== WHAT THE TASK REQUIRES ==
Below are some lines of data. Return all of them as they are.
==== EXTRACTED DATA ====
-- ===== src/Access/Factor.antt =====
-- The one-time password as a factor, as Api/src/modules/auth/mfa-login.service.ts and
-- Api/src/modules/password-reset/password-reset.service.ts check it: the step that is accepted
-- becomes the floor for the next one by a compare-and-set.
pub mod Floor
use vaultchain_fintech_dashb.Prelude.{
  ℕ, Bool, true, false, ◌&&◌, Option, none, some, List, find, or_raise, gets, modify, pure, ◌==?◌,
  ◌==◌, count_where, update_where, if◌then◌else◌, ◌>>=◌, ◌>>◌, handled,
}
use vaultchain_fintech_dashb.Prelude.Text.{Text}
use vaultchain_fintech_dashb.Auth.Store.{User, user_id}
use vaultchain_fintech_dashb.Access.Store.{AccessDb, AccessEnv, Handler, undecryptable}

abbrev pub has_floor : ℕ → Option ℕ → User → Bool
has_floor id floor u = u.id == id && u.last_used_totp_step ==? floor

abbrev pub set_floor : ℕ → User → User
set_floor step u = record u { last_used_totp_step = some step }

-- The compare-and-set: whether it hit the one row.
unfoldable pub advance_floor : ℕ → Option ℕ → ℕ → Handler Bool
advance_floor id floor step = do
  count ← gets (λ db. count_where (has_floor id floor) db.auth.users)
  modify (λ db. record db {
    auth = record db.auth {
      users = update_where (has_floor id floor) (set_floor step) db.auth.users;
    };
  })
  pure (count == 1)

-- What other requests write between the read of the user and the compare-and-set.
abbrev pub check_step : (AccessDb → AccessDb) → ℕ → Option ℕ → Option ℕ → Handler Bool
check_step others id floor none = pure false
check_step others id floor (some step) = do modify others; advance_floor id floor step

abbrev pub check_secret :
    AccessEnv → (AccessDb → AccessDb) → Text → User → Option Text → Handler Bool
check_secret env others code user none = pure false
check_secret env others code user (some enc) = do
  secret ← or_raise (env.decrypt enc user.id) undecryptable
  check_step others user.id user.last_used_totp_step (env.totp secret code user.last_used_totp_step)

abbrev pub check_user : AccessEnv → (AccessDb → AccessDb) → Text → Option User → Handler Bool
check_user env others code none = pure false
check_user env others code (some user) = check_secret env others code user user.totp_secret_enc

unfoldable pub check_totp : AccessEnv → (AccessDb → AccessDb) → ℕ → Text → Handler Bool
check_totp env others id code = do
  user ← gets (λ db. find (user_id id) db.auth.users)
  check_user env others code user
====
== ANSWER SPACE ==
-- ===== src/Access/Factor.antt =====
-- The one-time password as a factor, as Api/src/modules/auth/mfa-login.service.ts and
-- Api/src/modules/password-reset/password-reset.service.ts check it: the step that is accepted
-- becomes the floor for the next one by a compare-and-set.
pub mod Floor
use vaultchain_fintech_dashb.Prelude.{
  ℕ, Bool, true, false, ◌&&◌, Option, none, some, List, find, or_raise, gets, modify, pure, ◌==?◌,
  ◌==◌, count_where, update_where, if◌then◌else◌, ◌>>=◌, ◌>>◌, handled,
}
use vaultchain_fintech_dashb.Prelude.Text.{Text}
use vaultchain_fintech_dashb.Auth.Store.{User, user_id}
use vaultchain_fintech_dashb.Access.Store.{AccessDb, AccessEnv, Handler, undecryptable}

abbrev pub has_floor : ℕ → Option ℕ → User → Bool
has_floor id floor u = u.id == id && u.last_used_totp_step ==? floor

abbrev pub set_floor : ℕ → User → User
set_floor step u = record u { last_used_totp_step = some step }

-- The compare-and-set: whether it hit the one row.
unfoldable pub advance_floor : ℕ → Option ℕ → ℕ → Handler Bool
advance_floor id floor step = do
  count ← gets (λ db. count_where (has_floor id floor) db.auth.users)
  modify (λ db. record db {
    auth = record db.auth {
      users = update_where (has_floor id floor) (set_floor step) db.auth.users;
    };
  })
  pure (count == 1)

-- What other requests write between the read of the user and the compare-and-set.
abbrev pub check_step : (AccessDb → AccessDb) → ℕ → Option ℕ → Option ℕ → Handler Bool
check_step others id floor none = pure false
check_step others id floor (some step) = do modify others; advance_floor id floor step

abbrev pub check_secret :
    AccessEnv → (AccessDb → AccessDb) → Text → User → Option Text → Handler Bool
check_secret env others code user none = pure false
check_secret env others code user (some enc) = do
  secret ← or_raise (env.decrypt enc user.id) undecryptable
  check_step others user.id user.last_used_totp_step (env.totp secret code user.last_used_totp_step)

abbrev pub check_user : AccessEnv → (AccessDb → AccessDb) → Text → Option User → Handler Bool
check_user env others code none = pure false
check_user env others code (some user) = check_secret env others code user user.totp_secret_enc

unfoldable pub check_totp : AccessEnv → (AccessDb → AccessDb) → ℕ → Text → Handler Bool
check_totp env others id code = do
  user ← gets (λ db. find (user_id id) db.auth.users)
  check_user env others code user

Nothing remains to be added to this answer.